Mein neues Spielzeug ist seit ein paar Tagen da:


Ende vergangener Woche habe ich mir den Degen DE1103 via Ebay aus China bestellt, keine Woche später liegt das Gerät nun vor mir – und zwar für etwa 60% des Preises der hier in Deutschland veranschlagt wird. Das Gerät ist kleiner und kompakter als der Sangean ATS909W. Der erste Negativpunkt bei dem Gerät ist die Lautstärkeregelung. Der Empfänger verfügt über einen Drehknopf (auf der rechte Gehäuseseite). Er dient sowohl zur Frequenzabstimmung, lässt sich aber auch durch einen Tastendruck zur Regulierung der Lautstärke.

Frequenzbereiche:

UKW 76,0 – 108,0 MHz
MW 520 – 1710 kHz
LW 100 – 519 kHz
KW 1711 – 29999 kHz

Auf der grossen Skala sind (wie bei einem analogen Weltempfänger) alle Bänder nebeneiander aufgeführt, der LCD-Balken wandert wie ein zeiger über die einzelnen Frequenzbereiche.

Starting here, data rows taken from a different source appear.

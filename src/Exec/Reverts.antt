-- ===== src/Exec/Reverts.antt =====
-- Actions that change nothing where they end in an error.
use hostinger.Prelude.{
  ◌≡◌, refl, ◌∙◌, inl, inr, Bool, true, false, Option, Bool-cases, Option-cases, if◌then◌else◌,
  arith,
}
use hostinger.Exec.{
  Result, ok, err, World, Exec, pure, try_write, write, continue, ◌>>=◌, map_err, relabel, settle,
  bracket, transaction,
}
use hostinger.Exec.Moves.{IsPreorder, Moves, moves_rules}

abbrev pub Same : {D : Type 0} → D → D → Type 0
Same d d' = d' ≡ d

pub Same-IsPreorder : {D : Type 0} → IsPreorder (Same {D = D})
Same-IsPreorder = record { reflexive = λ d. refl; transitive = λ a b c e f. f ∙ e }

pub record Reverts {D E A : Type 0} (m : Exec D E A) : Type 0 where
  pub undone : (w : World D) (e : E) → (m w).0 ≡ err e → (m w).1.db ≡ w.db

module _ {D E A : Type 0} where
  pub Reverts-Same : (m : Exec D E A) → Moves Same m → Reverts m
  Reverts-Same m h = record { undone = λ w e _. h.from w }

  pub Reverts-try_write : (e : E) (f : D → Option (A × D)) → Reverts (try_write e f)
  unfolding try_write
  Reverts-try_write e f = record {
    undone = λ w e' h. elim (Bool-cases (w.env.fault w.step)) [
      | inl down ↦ rw down refl
      | inr up ↦ elim (Option-cases (f w.db)) [
        | inl q ↦ rw (up, q) refl
        | inr (r, q) ↦ absurd (ground (arith, h, up, q))
      ]
    ];
  }

  pub Reverts-write : (e : E) (f : D → A × D) → Reverts (write e f)
  unfolding write
  Reverts-write e f = record {
    undone = λ w e' h. elim (Bool-cases (w.env.fault w.step)) [
      | inl down ↦ rw down refl
      | inr up ↦ absurd (ground (arith, h, up))
    ];
  }

  settled :
      (d : D) (r : Result E A) (w : World D) (e : E)
      → (settle d r w).0 ≡ err e
      → (settle d r w).1.db ≡ d
  settled d (ok a) w e h = cc
  settled d (err e') w e h = refl

  -- A transaction rolls back.
  pub Reverts-transaction : (e : E) (m : Exec D E A) → Reverts (transaction e m)
  unfolding transaction
  Reverts-transaction e m = record {
    undone = λ w e'. settled w.db (bracket e m w).0 (bracket e m w).1 e';
  }

module _ {D E A B : Type 0} where
  -- What changes nothing may come first.
  pub Reverts-bind :
      (m : Exec D E A) (f : A → Exec D E B)
      → Moves Same m
      → ((a : A) → Reverts (f a))
      → Reverts (m >>= f)
  Reverts-bind m f same h = record { undone = λ w e. go w (m w).0 (m w).1 (same.from w) e }
    where
      go :
          (w : World D) (r : Result E A) (w' : World D)
          → w'.db ≡ w.db
          → (e : E) → (continue r f w').0 ≡ err e
          → (continue r f w').1.db ≡ w.db
      go w (ok a) w' s e k = (h a).undone w' e k ∙ s
      go w (err e') w' s e k = s

  -- What may undo nothing must fail only where there is nothing to undo.
  pub Reverts-bind_when :
      (m : Exec D E A) (f : A → Exec D E B)
      → Reverts m
      → ((w : World D) (a : A) (e : E)
          → (m w).0 ≡ ok a
          → (f a (m w).1).0 ≡ err e
          → (f a (m w).1).1.db ≡ w.db)
      → Reverts (m >>= f)
  Reverts-bind_when m f h k = record {
    undone = λ w e. go w (m w).0 (m w).1 (h.undone w) (λ a e' q. k w a e' q) e;
  }
    where
      go :
          (w : World D) (r : Result E A) (w' : World D)
          → ((e : E) → r ≡ err e → w'.db ≡ w.db)
          → ((a : A) (e : E) → r ≡ ok a → (f a w').0 ≡ err e → (f a w').1.db ≡ w.db)
          → (e : E) → (continue r f w').0 ≡ err e
          → (continue r f w').1.db ≡ w.db
      go w (ok a) w' h k e q = k a e refl q
      go w (err e') w' h k e q = h e' refl

  -- What always returns may come last.
  pub Reverts-last : (m : Exec D E A) (f : A → B) → Reverts m → Reverts (m >>= λ a. pure (f a))
  Reverts-last m f h = record { undone = λ w e. go w (m w).0 (m w).1 (h.undone w) e }
    where
      go :
          (w : World D) (r : Result E A) (w' : World D)
          → ((e : E) → r ≡ err e → w'.db ≡ w.db)
          → (e : E) → (continue r (λ a. pure (f a)) w').0 ≡ err e
          → (continue r (λ a. pure (f a)) w').1.db ≡ w.db
      go w (ok a) w' k e q = cc
      go w (err e') w' k e q = k e' refl

pub Reverts-if :
    {D E A : Type 0} (b : Bool) (m n : Exec D E A)
    → Reverts m
    → Reverts n
    → Reverts (if b then m else n)
Reverts-if true m n h k = h
Reverts-if false m n h k = k

pub Reverts-map_err :
    {D E F A : Type 0} (f : E → F) (m : Exec D E A) → Reverts m → Reverts (map_err f m)
Reverts-map_err {D} {E} {F} {A} f m h = record {
  undone = λ w e. go w (m w).0 (m w).1 (h.undone w) e;
}
  where
    go :
        (w : World D) (r : Result E A) (w' : World D)
        → ((e : E) → r ≡ err e → w'.db ≡ w.db)
        → (e : F) → relabel f r ≡ err e
        → w'.db ≡ w.db
    go w (ok a) w' k e q = cc
    go w (err e') w' k e q = k e' refl

pub ruleset revert_rules = (
  Reverts-bind, Reverts-last, Reverts-if, Reverts-Same, Reverts-transaction, Reverts-write,
  Reverts-map_err, moves_rules, Same-IsPreorder,
)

Ganz oben befindet sich eine digitale Frequenzanzeige.

Die Empfangseigenschaften bei dem Gerät sind nicht von schlechten Eltern! Der DE1103 ist großsignalfest, lediglich ein Mischprodukt kann ich auf 100,2 MHz empfangen. Der ATS909W zaubert mehr Mischprodukte ins UKW-Band. Auch die Trennschärfe ist klasse. So kann ich z.B. SWR1 RP auf 89,8 MHz empfangen, während die 89,7 MHz mit WDR3 in Ortssenderstärke belegt ist. Das Gleiche gilt für den Empfang von HR2 auf 99,6 (neben Ibbenbüren 99,5) und Radio Gütersloh auf 106,8 (neben Langenberg auf 106,7). Alles weitere muss ich noch testen.

Auf der Mittelwelle kann ich trotz Störnebel in der Wohnung tagsüber Radio538 auf 891 kHz empfangen (die kurzen Tage und die längere Dunkelheit spielen hier natürlich eine Rolle). Oberhalb von 1600 MHz lassen sich abends Piratensender aus den Niederlanden und dem Balkan empfangen, der ATS gibt im Direktvergleich keinen Ton von sich. Das gleiche Phänomen kann ich im 48 Meter.-Band beobachten.

Mit dem Gerät habe ich einen kompakten und trennscharfen Empfänger mit dem Bandscans und Tropo sicher noch viel mehr Spass machen!